__WORK INSTRUCTIONS__: What is needed is an exact copy of all the entries.

Source records
════════════════════

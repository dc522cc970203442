-- ===== src/Lookup/Tests.antt =====
-- Runs of `getdevice`.
use sdp_project_c.Common.{
  ℕ, ◌+◌, ◌==◌, ◌≡◌, ◌≢◌, ◌<◌, refl, true, some, if◌then◌else◌, Returns, arith, suc, zero,
}
use sdp_project_c.Spinlock.{unheld, spinlock_acquire, spinlock_release}
use sdp_project_c.Vnode.{vnode_incref}
use sdp_project_c.Str.Length.{IsString}
use sdp_project_c.Lookup.{gives, Vfs, Devices, getdevice}
use sdp_project_c.Lookup.Paths.{Begins}
use sdp_project_c.Lookup.Starts.{getdevice-Begins}

-- "a:/b" at the address 100
abbrev path_of_device : ℕ → ℕ
path_of_device a =
    if a == 100
    then 97
    else (if a == 101 then 58 else (if a == 102 then 47 else (if a == 103 then 98 else 0)))

abbrev devices : Devices
devices = record { vfs_getroot = λ m a. gives 7; has_fs = λ u. true; fsop_getroot = λ u. gives 8 }

abbrev vfs : Vfs
vfs = record {
  bootfs_vnode = some 3;
  p_cwd = some 2;
  p_lock = unheld;
  biglock_held = true;
  vnodes = λ u. record { vn_refcount = 1; vn_countlock = unheld };
}

path_of_device-IsString : IsString 100 4 path_of_device
path_of_device-IsString = record { chars = λ i lt. nonzero i lt; last = refl }
  where
    nonzero : (i : ℕ) → i < 4 → path_of_device (100 + i) ≢ 0
    nonzero zero lt e = absurd (omega (arith, e))
    nonzero (suc zero) lt e = absurd (omega (arith, e))
    nonzero (suc (suc zero)) lt e = absurd (omega (arith, e))
    nonzero (suc (suc (suc zero))) lt e = absurd (omega (arith, e))
    nonzero (suc (suc (suc (suc i)))) lt e = absurd (omega arith)

getdevice-Begins_example :
    Returns (getdevice devices 5 100 path_of_device vfs) (Begins devices 100 4 path_of_device vfs)
getdevice-Begins_example =
    getdevice-Begins devices 5 100 4 path_of_device vfs path_of_device-IsString (omega arith) refl
      (λ x. refl) refl (λ u e. (refl, omega arith))

-- The device is 7, and the rest is "b".
getdevice_of_a_device : Returns (getdevice devices 5 100 path_of_device vfs) (λ r.
    (r.startvn ≡ gives 7)
    × (r.subpath ≡ some 103)
    × (r.memory 101 ≡ 0)
    × ((r.vfs.vnodes 7).vn_refcount ≡ 2))
unfolding getdevice spinlock_acquire spinlock_release vnode_incref
getdevice_of_a_device = (refl, refl, refl, refl)
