-- ===== src/Mem/Clear.antt =====
-- The stores of one byte all over a block.
use sdp_project_c.Common.{
  ℕ, zero, suc, ◌+◌, ◌*◌, ◌/◌, ◌%◌, ◌≡◌, refl, ◌∙◌, ap, sym, inl, inr, ◌&&◌, ◌==◌, arith,
  Bool-cases, u8,
}
use sdp_project_c.Mem.{sizeof_long, put_all, bzero, memset, filled}

put_all_lem :
    (width n block byte : ℕ) (memory : ℕ → ℕ) (a : ℕ)
    → put_all width n block byte memory a ≡ filled block byte (n * width) memory a
unfolding put_all
put_all_lem width zero block byte memory a = ground arith
put_all_lem width (suc n) block byte memory a =
    let more : suc n * width ≡ n * width + width = grind arith in
    ground (arith, more, put_all_lem width n block byte memory a)

pub memset-filled :
    (ptr ch len : ℕ) (memory : ℕ → ℕ) (a : ℕ)
    → memset ptr ch len memory a ≡ filled ptr (u8 ch) len memory a
unfolding memset
memset-filled ptr ch len memory a =
    let same : len * 1 ≡ len = omega arith in
    put_all_lem 1 len ptr (u8 ch) memory a ∙ ap (λ n. filled ptr (u8 ch) n memory a) same

-- `bzero` is `memset` with 0, whether or not it stores words.
pub bzero-memset :
    (vblock len : ℕ) (memory : ℕ → ℕ) (a : ℕ)
    → bzero vblock len memory a ≡ memset vblock 0 len memory a
unfolding bzero memset
bzero-memset vblock len memory a =
    elim (Bool-cases (vblock % sizeof_long == 0 && len % sizeof_long == 0)) [
      | inl words ↦
          let whole : len / 4 * 4 ≡ len * 1 = ground (arith, words) in
          rw words (
            put_all_lem 4 (len / 4) vblock 0 memory a
            ∙ ap (λ n. filled vblock 0 n memory a) whole
            ∙ sym (put_all_lem 1 len vblock 0 memory a))
      | inr bytes ↦ rw bytes refl
    ]
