-- ===== src/Mem/Tests.antt =====
-- Tests of blocks of memory.
use sdp_project_c.Common.{◌≡◌}
use sdp_project_c.Mem.{memmove, moved}
use sdp_project_c.Mem.Copy.{memmove-moved}

-- Eight bytes, four of which are overwritten before the copy is done.
memmove-moved_example : memmove 0x104 0x100 8 (λ a. a) 0x108 ≡ moved 0x104 0x100 8 (λ a. a) 0x108
memmove-moved_example = memmove-moved 0x104 0x100 8 (λ a. a) 0x108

════════════════════

__RESULT OF THE EXERCISE__:
repository dc522cc970203442
-- ===== src/Lookup/Tests.antt =====
-- Runs of `getdevice`.
use sdp_project_c.Common.{
  ℕ, ◌+◌, ◌==◌, ◌≡◌, ◌≢◌, ◌<◌, refl, true, some, if◌then◌else◌, Returns, arith, suc, zero,
}
use sdp_project_c.Spinlock.{unheld, spinlock_acquire, spinlock_release}
use sdp_project_c.Vnode.{vnode_incref}
use sdp_project_c.Str.Length.{IsString}
use sdp_project_c.Lookup.{gives, Vfs, Devices, getdevice}
use sdp_project_c.Lookup.Paths.{Begins}
use sdp_project_c.Lookup.Starts.{getdevice-Begins}

-- "a:/b" at the address 100
abbrev path_of_device : ℕ → ℕ
path_of_device a =
    if a == 100
    then 97
    else (if a == 101 then 58 else (if a == 102 then 47 else (if a == 103 then 98 else 0)))

abbrev devices : Devices
devices = record { vfs_getroot = λ m a. gives 7; has_fs = λ u. true; fsop_getroot = λ u. gives 8 }

abbrev vfs : Vfs
vfs = record {
  bootfs_vnode = some 3;
  p_cwd = some 2;
  p_lock = unheld;
  biglock_held = true;
  vnodes = λ u. record { vn_refcount = 1; vn_countlock = unheld };
}

path_of_device-IsString : IsString 100 4 path_of_device
path_of_device-IsString = record { chars = λ i lt. nonzero i lt; last = refl }
  where
    nonzero : (i : ℕ) → i < 4 → path_of_device (100 + i) ≢ 0
    nonzero zero lt e = absurd (omega (arith, e))
    nonzero (suc zero) lt e = absurd (omega (arith, e))
    nonzero (suc (suc zero)) lt e = absurd (omega (arith, e))
    nonzero (suc (suc (suc zero))) lt e = absurd (omega (arith, e))
    nonzero (suc (suc (suc (suc i)))) lt e = absurd (omega arith)

getdevice-Begins_example :
    Returns (getdevice devices 5 100 path_of_device vfs) (Begins devices 100 4 path_of_device vfs)
getdevice-Begins_example =
    getdevice-Begins devices 5 100 4 path_of_device vfs path_of_device-IsString (omega arith) refl
      (λ x. refl) refl (λ u e. (refl, omega arith))

-- The device is 7, and the rest is "b".
getdevice_of_a_device : Returns (getdevice devices 5 100 path_of_device vfs) (λ r.
    (r.startvn ≡ gives 7)
    × (r.subpath ≡ some 103)
    × (r.memory 101 ≡ 0)
    × ((r.vfs.vnodes 7).vn_refcount ≡ 2))
unfolding getdevice spinlock_acquire spinlock_release vnode_incref
getdevice_of_a_device = (refl, refl, refl, refl)
-- ===== src/Mem/Clear.antt =====
-- The stores of one byte all over a block.
use sdp_project_c.Common.{
  ℕ, zero, suc, ◌+◌, ◌*◌, ◌/◌, ◌%◌, ◌≡◌, refl, ◌∙◌, ap, sym, inl, inr, ◌&&◌, ◌==◌, arith,
  Bool-cases, u8,
}
use sdp_project_c.Mem.{sizeof_long, put_all, bzero, memset, filled}

put_all_lem :
    (width n block byte : ℕ) (memory : ℕ → ℕ) (a : ℕ)
    → put_all width n block byte memory a ≡ filled block byte (n * width) memory a
unfolding put_all
put_all_lem width zero block byte memory a = ground arith
put_all_lem width (suc n) block byte memory a =
    let more : suc n * width ≡ n * width + width = grind arith in
    ground (arith, more, put_all_lem width n block byte memory a)

pub memset-filled :
    (ptr ch len : ℕ) (memory : ℕ → ℕ) (a : ℕ)
    → memset ptr ch len memory a ≡ filled ptr (u8 ch) len memory a
unfolding memset
memset-filled ptr ch len memory a =
    let same : len * 1 ≡ len = omega arith in
    put_all_lem 1 len ptr (u8 ch) memory a ∙ ap (λ n. filled ptr (u8 ch) n memory a) same

-- `bzero` is `memset` with 0, whether or not it stores words.
pub bzero-memset :
    (vblock len : ℕ) (memory : ℕ → ℕ) (a : ℕ)
    → bzero vblock len memory a ≡ memset vblock 0 len memory a
unfolding bzero memset
bzero-memset vblock len memory a =
    elim (Bool-cases (vblock % sizeof_long == 0 && len % sizeof_long == 0)) [
      | inl words ↦
          let whole : len / 4 * 4 ≡ len * 1 = ground (arith, words) in
          rw words (
            put_all_lem 4 (len / 4) vblock 0 memory a
            ∙ ap (λ n. filled vblock 0 n memory a) whole
            ∙ sym (put_all_lem 1 len vblock 0 memory a))
      | inr bytes ↦ rw bytes refl
    ]
-- ===== src/Mem/Tests.antt =====
-- Tests of blocks of memory.
use sdp_project_c.Common.{◌≡◌}
use sdp_project_c.Mem.{memmove, moved}
use sdp_project_c.Mem.Copy.{memmove-moved}

-- Eight bytes, four of which are overwritten before the copy is done.
memmove-moved_example : memmove 0x104 0x100 8 (λ a. a) 0x108 ≡ moved 0x104 0x100 8 (λ a. a) 0x108
memmove-moved_example = memmove-moved 0x104 0x100 8 (λ a. a) 0x108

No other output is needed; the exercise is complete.